Warum sollte das bei "noch schneller" gleich Null sein?


----------



## Incredible Alk (13. Juli 2015)

Quat schrieb:


> Und kommt mir jetzt nicht mit, braucht doch keiner!



Das hat ja keiner behauptet. Wenn man das mit entsprechenden Programmen nutzt hat so eine Gerätschaft große Vorteile (ich wäre froh ich hätte ne 750er für Video/Tonspuren zu muxen...). Der Punkt ist halöt dass der bei weitem größte Teil der Nutzer nur Windows bootet, im Netz surft, mal ein Bildchen oder Video aufmacht und Musik hört oder am PC spielt.
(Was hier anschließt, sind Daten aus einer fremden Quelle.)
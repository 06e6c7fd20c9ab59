-- ===== src/Lifecycle.antt =====
-- The lifecycle of one coordinator process, `Coord` of server.py
-- (python/lsst/ts/donut_server/server.py): bring-up and its retries, the replay of the last prepare,
-- losses, restarts and commands. What the child does is an argument of each operation, and one turn
-- of the loop of `_bring_up` is taken with no other coroutine in between. Termination is about that
-- loop, Reached about every state that the operations reach,
-- Replay about a prepare that killed its child, Usable about the guard of a command.
pub mod Termination
pub mod Reached
pub mod Replay
pub mod Usable
use Prim.Native.String.{String}
use donut_server.Prelude.{
  ℕ, zero, suc, ◌+◌, Bool, true, false, Option, none, some, leb, eqb, if◌then◌else◌,
}
use donut_server.Flights.{
  CoordState, starting, ready, restarting, degraded, stopping, is_degraded, is_stopping,
}

-- the `cmd` of a command; only "prepare" is looked for
pub data Kind : Type 0 where
  prepare_kind other_kind : Kind

pub data Reason : Type 0 where
  -- so many consecutive attempts failed, and the reason of the last loss, if there was one
  attempts_failed : ℕ → Option String → Reason
  misconfigured : String → Reason

pub record Loss : Type 0 where
  pub reason : String
  pub provoked_by : Option Kind
  pub at_generation : ℕ

-- what the new child answers to a replayed prepare; `none` is a reply with no `config_dump`
pub data Reply : Type 0 where
  replied_ok : Option String → Reply
  replied_error no_process died : String → Reply

-- what a new child does: it is lost before its hello, it reports a fatal configuration, or it says
-- hello and answers a replay
pub data Attempt : Type 0 where
  lost fatal : String → Attempt
  hello : Reply → Attempt

-- A dump and the generation of the child that gave it.
pub record ConfigSnapshot : Type 0 where
  pub dump : String
  pub generation : ℕ

pub record Coord (Command : Type 0) : Type 0 where
  pub max_attempts : ℕ
  pub state : CoordState
  pub ready_event : Bool
  -- whether `_restart_task` is set
  pub restart_task : Bool
  pub restart_attempts : ℕ
  pub spawns : ℕ
  pub generation : ℕ
  pub last_loss : Option Loss
  pub loss_provoked_by : Option Kind
  pub degraded_reason : Option Reason
  pub fatal_reason : Option String
  pub primed_args : Option Command
  pub reprime_error : Option String
  pub config_snapshot : Option ConfigSnapshot

abbrev pub is_prepare : Option Kind → Bool
is_prepare (some prepare_kind) = true
is_prepare (some other_kind) = false
is_prepare none = false

abbrev pub loss_text : Option Loss → Option String
loss_text none = none
loss_text (some loss) = some loss.reason

abbrev snapshot : Option String → ℕ → Option ConfigSnapshot → Option ConfigSnapshot
snapshot none generation old = old
snapshot (some dump) generation old = some (record { dump = dump; generation = generation })

-- what comes of the exchange in `send_command`: a reply, with `ok` and the dump or without `ok`, or
-- the loss of the child
pub data Exchange : Type 0 where
  answered : Option String → Exchange
  refused : Exchange
  child_lost : String → Exchange

-- what `_ensure_usable` finds: a usable child, or the message of `CoordinatorUnavailable`
pub data Usability : Type 0 where
  usable still_starting : Usability
  is_down : Option Reason → Usability
  is_in : CoordState → Usability

-- the tests on the state, with what follows for one that is starting
abbrev pub state_check : CoordState → Option Reason → Usability → Usability
state_check ready reason wait = usable
state_check degraded reason wait = is_down reason
state_check restarting reason wait = is_in restarting
state_check stopping reason wait = is_in stopping
state_check starting reason wait = wait

module _ {Command : Type 0} where
  unfoldable pub init : ℕ → Coord Command
  init max = record {
    max_attempts = max;
    state = starting;
    ready_event = false;
    restart_task = false;
    restart_attempts = 0;
    spawns = 0;
    generation = 0;
    last_loss = none;
    loss_provoked_by = none;
    degraded_reason = none;
    fatal_reason = none;
    primed_args = none;
    reprime_error = none;
    config_snapshot = none;
  }

  unfoldable pub note_loss : String → Option Kind → Coord Command → Coord Command
  note_loss text kind c = record c {
    last_loss = some (record { reason = text; provoked_by = kind; at_generation = c.generation });
    loss_provoked_by = kind;
  }

  unfoldable pub note_prepared : Command → Option String → Coord Command → Coord Command
  note_prepared command dump c = record c {
    primed_args = some command;
    config_snapshot = snapshot dump c.generation c.config_snapshot;
  }

  -- the end of a turn that brought a child up
  unfoldable pub up : Coord Command → Coord Command
  up c = record c { loss_provoked_by = none; state = ready; ready_event = true }

  -- `_reprime` after the guard, and what follows it; the Boolean says that the loop has returned
  unfoldable pub replayed : Command → Reply → Coord Command → Coord Command × Bool
  unfolding up note_prepared note_loss
  replayed command (replied_ok dump) c = (up (note_prepared command dump c), true)
  replayed command (replied_error text) c =
      (up (record c { primed_args = none; reprime_error = some text }), true)
  replayed command (no_process text) c = (up (record c { reprime_error = some text }), true)
  replayed command (died text) c = (note_loss text (some prepare_kind) c, false)

  unfoldable pub reprime : Option Command → Reply → Coord Command → Coord Command × Bool
  unfolding replayed up
  reprime none r c = (up c, true)
  reprime (some command) r c =
      if is_prepare c.loss_provoked_by
      then (up c, true)
      else replayed command r (record c { reprime_error = none })

  unfoldable pub give_up : Coord Command → Coord Command
  give_up c = record c {
    degraded_reason = some (attempts_failed c.restart_attempts (loss_text c.last_loss));
    state = degraded;
    ready_event = true;
  }

  -- the handshake with a spawned child
  unfoldable pub greeted : Attempt → Coord Command → Coord Command × Bool
  unfolding note_loss reprime
  greeted (lost text) c = (note_loss text c.loss_provoked_by c, false)
  greeted (fatal text) c = (
    record c {
      fatal_reason = some text;
      degraded_reason = some (misconfigured text);
      state = degraded;
      ready_event = true;
    },
    true,
  )
  greeted (hello r) c =
      reprime c.primed_args r (record c { generation = c.generation + 1; restart_attempts = 0 })

  -- one turn of the loop of `_bring_up`
  unfoldable pub bring_up_turn : Attempt → Coord Command → Coord Command × Bool
  unfolding give_up greeted
  bring_up_turn a c =
      if is_stopping c.state
      then (c, true)
      else (if leb c.max_attempts c.restart_attempts
          then (give_up c, true)
          else greeted a
              (record c { restart_attempts = c.restart_attempts + 1; spawns = c.spawns + 1 }))

  -- The loop, for what the child does at each turn; `none` is no fuel left.
  unfoldable pub bring_up : ℕ → (ℕ → Attempt) → Coord Command → Option (Coord Command)
  unfolding bring_up_turn
  bring_up zero attempts c = none
  bring_up (suc n) attempts c =
      let rest = bring_up n (λ i. attempts (suc i)) (bring_up_turn (attempts 0) c).0 in
      if (bring_up_turn (attempts 0) c).1 then some (bring_up_turn (attempts 0) c).0 else rest

  unfoldable pub start_restart : Coord Command → Coord Command
  start_restart c =
      if is_stopping c.state
      then c
      else record c { state = restarting; ready_event = false; restart_task = true }

  -- `request_restart` with the number of exchanges in flight, but for the signal to the child
  unfoldable pub request_restart : String → ℕ → Coord Command → Coord Command
  unfolding start_restart note_loss
  request_restart text in_flight c =
      if is_degraded c.state
      then start_restart
          (record c { restart_attempts = 0; degraded_reason = none; fatal_reason = none })
      else (if eqb in_flight 0 then start_restart (note_loss text none c) else c)

  -- `_ensure_usable`. A start is waited for; `after` is the coordinator then, or nothing after the
  -- time is up.
  abbrev pub after_wait : Option (Coord Command) → Usability
  after_wait none = still_starting
  after_wait (some d) = state_check d.state d.degraded_reason (is_in starting)

  unfoldable pub ensure_usable : Option (Coord Command) → Coord Command → Usability
  ensure_usable after c = state_check c.state c.degraded_reason (after_wait after)

  -- `send_command` of a usable coordinator
  unfoldable pub send_command : Kind → Command → Exchange → Coord Command → Coord Command
  unfolding note_prepared note_loss start_restart
  send_command prepare_kind command (answered dump) c = note_prepared command dump c
  send_command other_kind command (answered dump) c = c
  send_command kind command refused c = c
  send_command kind command (child_lost text) c = start_restart (note_loss text (some kind) c)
Selbst wenn man das alles gleichzeitig tut ist der Vorteil einer PCIe-SSD dahin weil damit die Grenzen einer SATA-SSD noch lange nicht erreicht werden.
In dem Fall ists eben rausgeworfenes Geld - es sei denn die 0,3 Sekunden die das Spiel schneller geladen ist bei der PCIe-SSD im vergleich zum SATA-Modell ist einem mehrere Hundert Euro wert, dann gilt wie du sagst das Budget entscheidet, jeder wie er will.


----------



## Gamer090 (14. Juli 2015)

Ich würde PCIe SSDs nur aus bestimmten Gründen nehmen:

1) Du hast keine freien SATA Anschlüsse oder das Gehäuse ist voll und möchtest nicht wechslen. Doch die Geschwindigkeit ist auch ein Nachteil, den die PCIeSSD muss warten bis die andere normale SSD oder HDD fertig ist mit den Daten.
2) Was mehr Sinn macht, nur wenn du komplett auf PCIe SSDs setzt, klar ist teurer aber bringt wenigstens etwas und du hast nichts was dich ausbremst. Und so stelle ich mir mein TraumPC vor, nur noch PCIe SSDs drin.  aber dauert noch ein paar Jahre bis ich mir sows leisten kann.


----------



## PiratePerfection (14. Juli 2015)

PCIe SSD's als 0815 Nutzer lohnt nicht da man einfach nicht diese Datenmengen umsetzt hab ja eine ssd fürs BS und kann mir nicht vorstellen wie das jetzt noch schneller laufen sollte und mir persönlich wäre auch der Platz zu schade


----------



## Icedaft (14. Juli 2015)

Nutzen bringt eine PCI-E SSD auch wirklich nur, wenn das Gegenstück genauso schnell ist, sonst hat man nicht wirklich etwas von dem Geschwindigkeitsvorteil, die Zugriffszeiten sind bei fast allen SSDs gleich.


----------